##### Records provided #####
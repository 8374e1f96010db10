-- ===== src/Policy/Control/Text.antt =====
-- app/policy/control.py: the texts of a command. A text is the list of its code points, and a payload
-- that is not UTF-8 is none. `float` is a parameter, which gives none for a ValueError.
use Prim.Native.Char.{code}
use clock_ha_orchestrator.Prelude.{
  ℕ, ◌+◌, Bool, true, false, ◌&&◌, ◌||◌, Option, none, some, List, [], ◌∷◌, String, ltb, leb, ◌==◌,
  if◌then◌else◌, any,
}
use clock_ha_orchestrator.Prelude.Results.{Result, ok, err}
use clock_ha_orchestrator.Domain.Enums.{ControlMode, ManualHvacMode}
use clock_ha_orchestrator.Domain.Temperature.{Float}
use clock_ha_orchestrator.Domain.Models.{AutomationPolicy}
use clock_ha_orchestrator.Policy.Commands.{OverrideDuration, literal_minutes}

-- The `ValueError`s of a command, one for each place that raises.
pub data ControlError : Type 0 where
  undecodable unsupported_field unsupported_control_mode unsupported_hvac_mode : ControlError
  invalid_temperature invalid_boolean unsupported_duration exceeds_maximum : ControlError
  duration_without_override no_reservation : ControlError

abbrev pub codes : String → List ℕ
codes String.[] = []
codes (String.◌∷◌ c s) = code c ∷ codes s

-- `str.isspace` of one character.
abbrev pub is_space : ℕ → Bool
is_space c =
    (leb 9 c && leb c 13)
    || (leb 28 c && leb c 32)
    || (leb 8192 c && leb c 8202)
    || any (λ s. s == c) (133 ∷ 160 ∷ 5760 ∷ 8232 ∷ 8233 ∷ 8239 ∷ 8287 ∷ 12288 ∷ [])

unfoldable pub trim_left : List ℕ → List ℕ
trim_left [] = []
trim_left (c ∷ cs) = if is_space c then trim_left cs else c ∷ cs

-- A character before a trimmed rest.
abbrev pub keep_unless_blank : ℕ → List ℕ → List ℕ
keep_unless_blank c [] = if is_space c then [] else c ∷ []
keep_unless_blank c (d ∷ ds) = c ∷ d ∷ ds

unfoldable pub trim_right : List ℕ → List ℕ
trim_right [] = []
trim_right (c ∷ cs) = keep_unless_blank c (trim_right cs)

unfoldable pub strip : List ℕ → List ℕ
unfolding trim_left trim_right
strip text = trim_right (trim_left text)

-- What stands before a last quotation mark.
unfoldable pub before_quote : List ℕ → Option (List ℕ)
before_quote [] = none
before_quote (c ∷ []) = if c == 34 then some [] else none
before_quote (c ∷ d ∷ ds) = elim (before_quote (d ∷ ds)) [ none ↦ none | some t ↦ some (c ∷ t) ]

-- The text between two quotation marks, if it is at least these two characters.
abbrev pub unquote : List ℕ → List ℕ
unquote [] = []
unquote (c ∷ cs) =
    if c == 34 then elim (before_quote cs) [ none ↦ c ∷ cs | some t ↦ strip t ] else c ∷ cs

unfoldable pub payload_text : Option (List ℕ) → Result ControlError (List ℕ)
unfolding strip before_quote
payload_text none = err undecodable
payload_text (some text) = ok (unquote (strip text))

abbrev pub same_codes : List ℕ → List ℕ → Bool
same_codes [] [] = true
same_codes (a ∷ as') (b ∷ bs) = a == b && same_codes as' bs
same_codes _ _ = false

-- `text == literal`
abbrev pub is_text : String → List ℕ → Bool
is_text literal text = same_codes (codes literal) text

unfoldable pub control_mode_of : List ℕ → Result ControlError ControlMode
control_mode_of text =
    if is_text "automatic" text
    then ok ControlMode.automatic
    else if is_text "manual" text
    then ok ControlMode.manual
    else if is_text "off" text
    then ok ControlMode.off
    else err unsupported_control_mode

unfoldable pub manual_hvac_mode_of : List ℕ → Result ControlError ManualHvacMode
manual_hvac_mode_of text =
    if is_text "off" text
    then ok ManualHvacMode.off
    else if is_text "heat" text
    then ok ManualHvacMode.heat
    else if is_text "cool" text
    then ok ManualHvacMode.cool
    else if is_text "auto" text
    then ok ManualHvacMode.auto
    else err unsupported_hvac_mode

unfoldable pub temperature_of : (List ℕ → Option Float) → List ℕ → Result ControlError Float
temperature_of parse_float text = elim (parse_float text) [
  | none ↦ err invalid_temperature
  | some t ↦ ok t
]

-- The duration that a text names, if it is one of `SUPPORTED_DURATIONS`.
abbrev pub supported_duration : List ℕ → Option OverrideDuration
supported_duration text =
    if is_text "60" text
    then some OverrideDuration.minutes_60
    else if is_text "240" text
    then some OverrideDuration.minutes_240
    else if is_text "720" text
    then some OverrideDuration.minutes_720
    else if is_text "until_checkout" text
    then some OverrideDuration.until_checkout
    else none

abbrev pub within_policy :
    AutomationPolicy → OverrideDuration → Option ℕ → Result ControlError OverrideDuration
within_policy policy d none = ok d
within_policy policy d (some minutes) =
    if ltb policy.manual_override_max_minutes minutes then err exceeds_maximum else ok d

unfoldable pub duration_of : List ℕ → AutomationPolicy → Result ControlError OverrideDuration
duration_of text policy = elim (supported_duration text) [
  | none ↦ err unsupported_duration
  | some d ↦ within_policy policy d (literal_minutes d)
]

-- `value.lower()` of an ASCII letter; no other character has one of the letters of the words below
-- as its lower case.
abbrev pub lower : ℕ → ℕ
lower c = if leb 65 c && leb c 90 then c + 32 else c

abbrev pub lowered : List ℕ → List ℕ
lowered [] = []
lowered (c ∷ cs) = lower c ∷ lowered cs

unfoldable pub boolean_payload : List ℕ → Result ControlError Bool
boolean_payload text =
    let word = lowered text in
    if is_text "on" word || is_text "true" word || is_text "1" word || is_text "yes" word
    then ok true
    else if is_text "off" word || is_text "false" word || is_text "0" word || is_text "no" word
    then ok false
    else err invalid_boolean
#####
**Exercise directions**:
Using the records above, output exactly the lines from the first through the line that contains "of one character.", with both of those included.

**Output of the exercise**:
repository 8374e1f96010db10
-- ===== src/Policy/Control/Text.antt =====
-- app/policy/control.py: the texts of a command. A text is the list of its code points, and a payload
-- that is not UTF-8 is none. `float` is a parameter, which gives none for a ValueError.
use Prim.Native.Char.{code}
use clock_ha_orchestrator.Prelude.{
  ℕ, ◌+◌, Bool, true, false, ◌&&◌, ◌||◌, Option, none, some, List, [], ◌∷◌, String, ltb, leb, ◌==◌,
  if◌then◌else◌, any,
}
use clock_ha_orchestrator.Prelude.Results.{Result, ok, err}
use clock_ha_orchestrator.Domain.Enums.{ControlMode, ManualHvacMode}
use clock_ha_orchestrator.Domain.Temperature.{Float}
use clock_ha_orchestrator.Domain.Models.{AutomationPolicy}
use clock_ha_orchestrator.Policy.Commands.{OverrideDuration, literal_minutes}

-- The `ValueError`s of a command, one for each place that raises.
pub data ControlError : Type 0 where
  undecodable unsupported_field unsupported_control_mode unsupported_hvac_mode : ControlError
  invalid_temperature invalid_boolean unsupported_duration exceeds_maximum : ControlError
  duration_without_override no_reservation : ControlError

abbrev pub codes : String → List ℕ
codes String.[] = []
codes (String.◌∷◌ c s) = code c ∷ codes s

-- `str.isspace` of one character.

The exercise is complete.